**Source information**

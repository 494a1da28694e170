-- ===== src/Graph/Query/Lookup.antt =====
-- Node after AddNode (internal/graph/graph.go, internal/graph/query.go).
use interactivecodebase.Base.{
  ◌≡◌, ◌≢◌, refl, String, ◌==◌, string_eq, none, some, List, [], ◌∷◌, ok, err, true, false, any,
  inl, inr, Option-cases, arith, find, if◌then◌else◌,
}
use interactivecodebase.Graph.Model.{Node, not_found, Json, ReadsBack, decode_attrs-encode_attrs}
use interactivecodebase.Graph.Store.{NodeRow, Tables, has_node, upsert, node_row, add_node}
use interactivecodebase.Graph.Store.Inversion.{add_node-eq-ok}
use interactivecodebase.Graph.Query.{scan_node, get_node}

pub find-upsert :
    (k : String) (r : NodeRow) (rows : List NodeRow)
    → find (λ s. s.id == k) (upsert r rows)
      ≡ (if r.id == k then some r else find (λ s. s.id == k) rows)
unfolding find upsert
find-upsert k r [] = refl
find-upsert k r (s ∷ rows) = ground (arith, find-upsert k r rows)

module _ (j : Json) where
  -- After AddNode has succeeded, the node reads back as it was given, every other id reads as
  -- before, and the edges are the same. The node's attributes must survive encoding/json.
  pub get_node-add_node :
      (n : Node) (t t' : Tables)
      → ReadsBack j n.attrs
      → add_node j n t ≡ ok t'
      → (get_node j n.id t' ≡ ok n)
        × ((k : String) → k ≢ n.id → get_node j k t' ≡ get_node j k t)
        × (t'.edges ≡ t.edges)
  unfolding get_node scan_node
  get_node-add_node n t t' back h =
      let (s, coded, _, _, e) = add_node-eq-ok j n t t' h in
      rw e (
        ground
            (arith, find-upsert n.id (node_row n s) t.nodes, decode_attrs-encode_attrs j n.attrs s),
        λ k other. ground (arith, find-upsert k (node_row n s) t.nodes),
        refl,
      )

  find_absent :
      (k : String) (rows : List NodeRow)
      → has_node k rows ≡ false
      → find (λ s. s.id == k) rows ≡ none
  unfolding find has_node any
  find_absent k [] h = refl
  find_absent k (r ∷ rows) h = ground (arith, find_absent k rows)

  pub get_node_absent :
      (k : String) (t : Tables) → has_node k t.nodes ≡ false → get_node j k t ≡ err (not_found k)
  unfolding get_node
  get_node_absent k t h = rw (find_absent k t.nodes h, get_node)

  find_present :
      (k : String) (rows : List NodeRow) (r : NodeRow)
      → find (λ s. s.id == k) rows ≡ some r
      → has_node k rows ≡ true
  unfolding find has_node any
  find_present k [] r h = cc
  find_present k (s ∷ rows) r h = ground (arith, find_present k rows r)

  pub get_node_present :
      (k : String) (t : Tables) (n : Node) → get_node j k t ≡ ok n → has_node k t.nodes ≡ true
  unfolding get_node
  get_node_present k t n h = elim (Option-cases (find (λ s. s.id == k) t.nodes)) [
    | inl e ↦ absurd (ground arith)
    | inr (r, e) ↦ find_present k t.nodes r e
  ]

**Action item**
Every line from above should appear again in the answer, exactly as written.

**The completed task**
repository 494a1da28694e170
-- ===== src/Graph/Query/Lookup.antt =====
-- Node after AddNode (internal/graph/graph.go, internal/graph/query.go).
use interactivecodebase.Base.{
  ◌≡◌, ◌≢◌, refl, String, ◌==◌, string_eq, none, some, List, [], ◌∷◌, ok, err, true, false, any,
  inl, inr, Option-cases, arith, find, if◌then◌else◌,
}
use interactivecodebase.Graph.Model.{Node, not_found, Json, ReadsBack, decode_attrs-encode_attrs}
use interactivecodebase.Graph.Store.{NodeRow, Tables, has_node, upsert, node_row, add_node}
use interactivecodebase.Graph.Store.Inversion.{add_node-eq-ok}
use interactivecodebase.Graph.Query.{scan_node, get_node}

pub find-upsert :
    (k : String) (r : NodeRow) (rows : List NodeRow)
    → find (λ s. s.id == k) (upsert r rows)
      ≡ (if r.id == k then some r else find (λ s. s.id == k) rows)
unfolding find upsert
find-upsert k r [] = refl
find-upsert k r (s ∷ rows) = ground (arith, find-upsert k r rows)

module _ (j : Json) where
  -- After AddNode has succeeded, the node reads back as it was given, every other id reads as
  -- before, and the edges are the same. The node's attributes must survive encoding/json.
  pub get_node-add_node :
      (n : Node) (t t' : Tables)
      → ReadsBack j n.attrs
      → add_node j n t ≡ ok t'
      → (get_node j n.id t' ≡ ok n)
        × ((k : String) → k ≢ n.id → get_node j k t' ≡ get_node j k t)
        × (t'.edges ≡ t.edges)
  unfolding get_node scan_node
  get_node-add_node n t t' back h =
      let (s, coded, _, _, e) = add_node-eq-ok j n t t' h in
      rw e (
        ground
            (arith, find-upsert n.id (node_row n s) t.nodes, decode_attrs-encode_attrs j n.attrs s),
        λ k other. ground (arith, find-upsert k (node_row n s) t.nodes),
        refl,
      )

  find_absent :
      (k : String) (rows : List NodeRow)
      → has_node k rows ≡ false
      → find (λ s. s.id == k) rows ≡ none
  unfolding find has_node any
  find_absent k [] h = refl
  find_absent k (r ∷ rows) h = ground (arith, find_absent k rows)

  pub get_node_absent :
      (k : String) (t : Tables) → has_node k t.nodes ≡ false → get_node j k t ≡ err (not_found k)
  unfolding get_node
  get_node_absent k t h = rw (find_absent k t.nodes h, get_node)

  find_present :
      (k : String) (rows : List NodeRow) (r : NodeRow)
      → find (λ s. s.id == k) rows ≡ some r
      → has_node k rows ≡ true
  unfolding find has_node any
  find_present k [] r h = cc
  find_present k (s ∷ rows) r h = ground (arith, find_present k rows r)

  pub get_node_present :
      (k : String) (t : Tables) (n : Node) → get_node j k t ≡ ok n → has_node k t.nodes ≡ true
  unfolding get_node
  get_node_present k t n h = elim (Option-cases (find (λ s. s.id == k) t.nodes)) [
    | inl e ↦ absurd (ground arith)
    | inr (r, e) ↦ find_present k t.nodes r e
  ]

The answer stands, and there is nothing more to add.